Both of these examples declare a slice whose length matches the length of the underlying array. In general, there is no reason that these have to be the same, and it is perfectly fine for a slice’s length to be less than the the length of the underlying array. In Rust, for example, we can write a slice of a subset of an array by writing &arr_ref[0..2]. The SAW equivalent of this can be achieved with the mir_slice_range_value function:

sawscript> :type mir_slice_range_value
MIRValue -> Int -> Int -> MIRValue

mir_slice_range_value takes takes two additional Int arguments that represent (1) the index to start the slice from, and (2) the index at which the slice ends. For example, mir_slice_range_value arr_ref 0 2 creates a slice that is backed by the first element (index 0) and the second element (index 1) of arr_ref. Note that the range [0..2] is half-open, so this range does not include the third element (index 2).

For example, here is how to write a spec for sum_of_prefix where the slice is a length-2 subset of the original array:

let sum_of_prefix_spec3 = do {
  a_ref <- mir_alloc (mir_array 5 mir_u32);
  a_val <- mir_fresh_var "a" (mir_array 5 mir_u32);
  mir_points_to a_ref (mir_term a_val);

  let s = mir_slice_range_value a_ref 0 2;

  mir_execute_func [s];

  mir_return (mir_term {{ (a_val @ 0) + (a_val @ 1) }});
};

Note that both Int arguments to mir_slice_range_value must be concrete (i.e., not symbolic). (See the section below if you want an explanation for why they are not allowed to be symbolic.)

Aside: slices of arbitrary length

After reading the section about slices above, one might reasonably wonder: is there a way to write a more general spec for sum_of_prefix: that covers all possible slice lengths n, where n is greater than or equal to 2? In this case, the answer is “no”.

This is a fundamental limitation of the way SAW’s symbolic execution works.
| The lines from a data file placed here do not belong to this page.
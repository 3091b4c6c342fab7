-- ===== src/Cli/Tests.antt =====
-- The theorems on the command line's accounts at concrete tables (cmd/server/main.go).
use ky_server_base.Prelude.{String, ◌≡◌, refl, false, some, arith}
use ky_server_base.Sql.{count_where, find_where}
use ky_server_base.Store.Models.{users_ok}
use ky_server_base.Store.Users.{check_username_free, put_users}
use ky_server_base.Store.Samples.{quiet, sqlite, two}
use ky_server_base.Cli.{AdminCall, run_init_admin, admin_created}
use ky_server_base.Cli.Promotion.{run_init_admin-no_promotion}

abbrev call : AdminCall
call = record {
  read_io = quiet;
  write_io = quiet;
  now = 60;
  meanwhile = λ db. db;
  drawn_id = "u3";
  hash = λ pass. some pass;
}

-- "carol" is nobody yet.
run_init_admin-no_promotion_example :
    ((run_init_admin sqlite call "carol" "correct horse" false two).0 ≡ admin_created)
    × ◌≡◌ {A = String} "u3" "u3"
unfolding run_init_admin count_where find_where check_username_free put_users users_ok
run_init_admin-no_promotion_example =
    run_init_admin-no_promotion sqlite call "carol" "correct horse" two "u3" refl refl (omega arith)
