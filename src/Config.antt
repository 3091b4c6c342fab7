-- ===== src/Config.antt =====
-- internal/config/config.go: the environment's values with their defaults, and what a start is
-- refused for.
pub mod Texts
pub mod Proxies
pub mod Values
pub mod Env
pub mod Load
pub mod Safe
mod Tests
The full reason for why this is the case is somewhat technical (keep reading if you want to learn more), but the short answer is that if SAW attempts to simulate code whose length is bounded by a symbolic integer, then SAW will go into an infinite loop. To avoid this pitfall, the mir_slice_range_value function very deliberately requires the start and end values to be concrete integers, as allowing these values to be symbolic would allow users to inadvertently introduce infinite loops in their specifications.

A longer answer as to why SAW loops forever on computations that are bounded by symbolic lengths: due to the way SAW’s symblolic execution works, it creates a complete model of the behavior of a function for all possible inputs. The way that SAW achieves this is by exploring all possible execution paths through a program. If a program involves a loop, for example, then SAW will unroll all iterations of the loop to construct a model of the loop’s behavior. Similarly, if a sequence (e.g., a slice or array) has an unspecified length, then SAW must consider all possible lengths of the array.

SAW’s ability to completely characterize the behavior of all paths through a function is one of its strengths, as this allows it to prove theorems that other program verification techniques would not. This strength is also a weakness, however. If a loop has a symbolic number of iterations, for example, then SAW will spin forever trying to unroll the loop. Similarly, if a slice were to have a symbolic length, then SAW would spin forever trying to simulate the program for all possible slice lengths.

In general, SAW cannot prevent users from writing programs whose length is bounded by a symbolic value. For now, however, SAW removes one potential footgun by requiring that slice values always have a concrete length.